Figure 7(a) shows that as the sweep angle increases, the moment coefficient $C_M$ peaks at a later time in the cycle, and has an increased maximum value. To analyse further $C_M$ and its effects on the power coefficient $C_P$ for different wings sweeps, we compare $C_M$ and $C_P$ for $\varLambda =0^\circ$, $10^\circ$ and $20^\circ$ in figures 7(d–f), respectively. Note that here we define the power coefficient as $C_P=C_M \dot {\theta }^*$, which is different from (3.3) in a way that this $C_P$ is time-dependent instead of cycle-averaged, and that the power dissipated by the structure, $b^*\dot {\theta }^{*2}$, is not considered (this power dissipation is small because a small $b^*$ is used in the experiments). The normalized pitching angle $\theta /A$ and pitching velocity $\dot {\theta }/(2{\rm \pi} f_p A)$ are also plotted for reference. We see that at the beginning of the cycle ($0 \leq t/T<0.15$), $C_M(t/T)$ grows near-linearly for all three wings. Because $\dot {\theta }>0$ for the first quarter-cycle, the $x$-intercept of $C_M$ determines the starting point of the positive $C_P(t/T)$ region, corresponding to the left edge of the green panels in the plots. The $C_P>0$ region starts at $t/T=0$ for the unswept wing as $C_M$ has a near-zero $y$-intercept. For the $\varLambda =10^\circ$ swept wing, because $C_M$ has a small positive $y$-intercept, the $C_P>0$ region starts even before $t/T=0$. On the contrary, the $C_P>0$ region starts after $t/T=0$ for the $\varLambda =20^\circ$ swept wing due to a small negative $y$-intercept of $C_M$. Owing to the combined effect of an increasing $C_M$ and a decreasing $\dot {\theta }$, the power coefficient peaks at approximately $t/T=0.125$ for all the wings. The maximum $C_P$ of the $\varLambda =10^\circ$ wing is slightly higher than that of the other two wings, due to a slightly higher $C_M$.

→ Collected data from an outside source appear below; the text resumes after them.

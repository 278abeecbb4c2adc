-- ===== src/Prelude/Text.antt =====
-- The operations of Go's `strings` package that the program calls, over the characters of a text.
use text.Mathlib.TextLemmas.{length-cons}
use Prim.Native.Char.{Char, code}
use Prim.Native.String.{String, count}
use Prim.Native.Nat.{ℕ, suc, ◌+◌}
use mathlib.Core.Path.{◌≡◌, refl, ap}
use mathlib.Core.Logic.{inl, inr}
use native.Mathlib.Omega.{arith}
use mathlib.Core.Bool.{Bool, true, false, ◌&&◌, ◌||◌}
use text.Mathlib.Text.{◌==◌}
use mathlib.Core.List.{List, [], ◌∷◌}
use nebari_infrastructure_co.Prelude.Tests.{Bool-cases, is_char, nat_eq, leb, if◌then◌else◌}

abbrev pub codes : String → List ℕ
codes String.[] = []
codes (String.◌∷◌ c s) = code c ∷ codes s

-- The code of a character, that of the small letter for a capital of ASCII.
abbrev pub fold_code : Char → ℕ
fold_code c = if leb 65 (code c) && leb (code c) 90 then code c + 32 else code c

-- Two texts with the same characters, but for the case of letters of ASCII.
unfoldable pub equal_fold : String → String → Bool
equal_fold String.[] String.[] = true
equal_fold String.[] (String.◌∷◌ d t) = false
equal_fold (String.◌∷◌ c s) String.[] = false
equal_fold (String.◌∷◌ c s) (String.◌∷◌ d t) = nat_eq (fold_code c) (fold_code d) && equal_fold s t

pub equal_fold_refl : (s : String) → equal_fold s s ≡ true
unfolding equal_fold
equal_fold_refl String.[] = refl
equal_fold_refl (String.◌∷◌ c s) = ground (arith, equal_fold_refl s)

pub count-equal_fold : (s t : String) → equal_fold s t ≡ true → count s ≡ count t
unfolding equal_fold
count-equal_fold String.[] String.[] h = refl
count-equal_fold String.[] (String.◌∷◌ d t) h = absurd (cc)
count-equal_fold (String.◌∷◌ c s) String.[] h = absurd (cc)
count-equal_fold (String.◌∷◌ c s) (String.◌∷◌ d t) h = elim (Bool-cases (equal_fold s t)) [
  | inl same ↦ rw (length-cons c s, length-cons d t) (ap suc (count-equal_fold s t same))
  | inr other ↦ absurd (ground arith)
]

-- `strings.HasPrefix(s, p)`, the prefix first.
unfoldable pub has_prefix : String → String → Bool
has_prefix String.[] s = true
has_prefix (String.◌∷◌ c p) String.[] = false
has_prefix (String.◌∷◌ c p) (String.◌∷◌ d s) = nat_eq (code c) (code d) && has_prefix p s

-- `strings.TrimPrefix`, the prefix first.
abbrev pub drop_chars : String → String → String
drop_chars String.[] s = s
drop_chars (String.◌∷◌ _ p) String.[] = ""
drop_chars (String.◌∷◌ _ p) (String.◌∷◌ _ s) = drop_chars p s

unfoldable pub trim_prefix : String → String → String
unfolding has_prefix
trim_prefix p s = if has_prefix p s then drop_chars p s else s

-- `strings.Contains(s, t)`, the part first.
unfoldable pub has_part : String → String → Bool
unfolding has_prefix
has_part t String.[] = has_prefix t ""
has_part t (String.◌∷◌ c s) = has_prefix t (String.◌∷◌ c s) || has_part t s

-- `strings.TrimLeft` by a test on characters.
unfoldable pub trim_left : (Char → Bool) → String → String
trim_left p String.[] = ""
trim_left p (String.◌∷◌ c s) = let rest = trim_left p s in if p c then rest else String.◌∷◌ c s

abbrev pub cons_or_drop : (Char → Bool) → Char → String → String
cons_or_drop p c String.[] = if p c then "" else String.◌∷◌ c ""
cons_or_drop p c (String.◌∷◌ d s) = String.◌∷◌ c (String.◌∷◌ d s)

-- `strings.TrimRight` by a test on characters.
unfoldable pub trim_right : (Char → Bool) → String → String
trim_right p String.[] = ""
trim_right p (String.◌∷◌ c s) = cons_or_drop p c (trim_right p s)

-- Go's `unicode.IsSpace`.
abbrev pub is_space : Char → Bool
is_space c =
    (leb 9 (code c) && leb (code c) 13)
    || is_char b' ' c
    || is_char 0x85 c
    || is_char 0xA0 c
    || is_char 0x1680 c
    || (leb 0x2000 (code c) && leb (code c) 0x200a)
    || is_char 0x2028 c
    || is_char 0x2029 c
    || is_char 0x202f c
    || is_char 0x205f c
    || is_char 0x3000 c

-- `strings.TrimSpace`.
unfoldable pub trim_space : String → String
unfolding trim_left trim_right
trim_space s = trim_right is_space (trim_left is_space s)

trim_space_test : trim_space "  a b " ≡ "a b"
unfolding trim_space
trim_space_test = refl

has_part_test : has_part "KEY" "A KEY" ≡ true
unfolding has_part
has_part_test = refl

-- `strings.HasSuffix(s, t)`, the suffix first.
unfoldable pub has_suffix : String → String → Bool
has_suffix t String.[] = t == ""
has_suffix t (String.◌∷◌ c s) = t == String.◌∷◌ c s || has_suffix t s

abbrev pub onto_part : Char → List String → List String
onto_part c [] = String.◌∷◌ c "" ∷ []
onto_part c (p ∷ ps) = String.◌∷◌ c p ∷ ps

-- `strings.Split` at one character, given by its code.
unfoldable pub split_on : ℕ → String → List String
split_on n String.[] = "" ∷ []
split_on n (String.◌∷◌ c s) =
    let rest = split_on n s in if is_char n c then "" ∷ rest else onto_part c rest

split_on_test : split_on b'.' "1.32." ≡ "1" ∷ "32" ∷ "" ∷ []
unfolding split_on
split_on_test = refl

As the pitching cycle continues, $C_M(t/T)$ peaks at approximately $t/T=0.15$, 0.17 and 0.28 for $\varLambda =0^\circ$, $10^\circ$ and $20^\circ$, respectively. The pitch reversal occurs at $t/T=0.25$, where $\theta$ reaches its maximum and $\dot {\theta }$ switches its sign to negative. Because the pitching velocity is now negative, the green panels terminate as $C_P$ drops below zero, suggesting that $C_M$ starts to dissipate energy into the ambient fluid. However, because $C_M$ continues to grow after $t/T=0.25$ for the $\varLambda =20^\circ$ wing, it generates a much more negative $C_P$ as compared to the wings with a lower sweep angle. Figure 7(a) shows that $C_M$ decreases faster for the $\varLambda =10^\circ$ wing than for the unswept wing at $0.25 \leq t/T < 0.5$. This difference results in a less negative $C_P$ for the $\varLambda =10^\circ$ wing as compared to the $\varLambda =0^\circ$ wing. The faster decrease of $C_M$ for the $\varLambda =10^\circ$ wing also makes it the first to switch back to positive power generation, where $C_M$ and $\dot {\theta }$ are both negative. The same story repeats after $t/T=0.5$ due to the symmetry of the pitching cycle. In summary, we see that subtle differences in the alignment of $C_M$ and $\dot {\theta }$ can result in considerable changes of $C_P$ for different sweep angles. The start of the $C_P>0$ region is determined by the phase of $C_M$, whereas the termination of the $C_P>0$ region depends on $\dot {\theta }$. A non-monotonic duration of the $C_P>0$ region (i.e. the size of the green panels) is observed as the sweep angle increases. The cycle-averaged power coefficient, which dictates the stability of aeroelastic systems (see § 3.5), is regulated by both the amplitude and phase of the aerodynamic moment.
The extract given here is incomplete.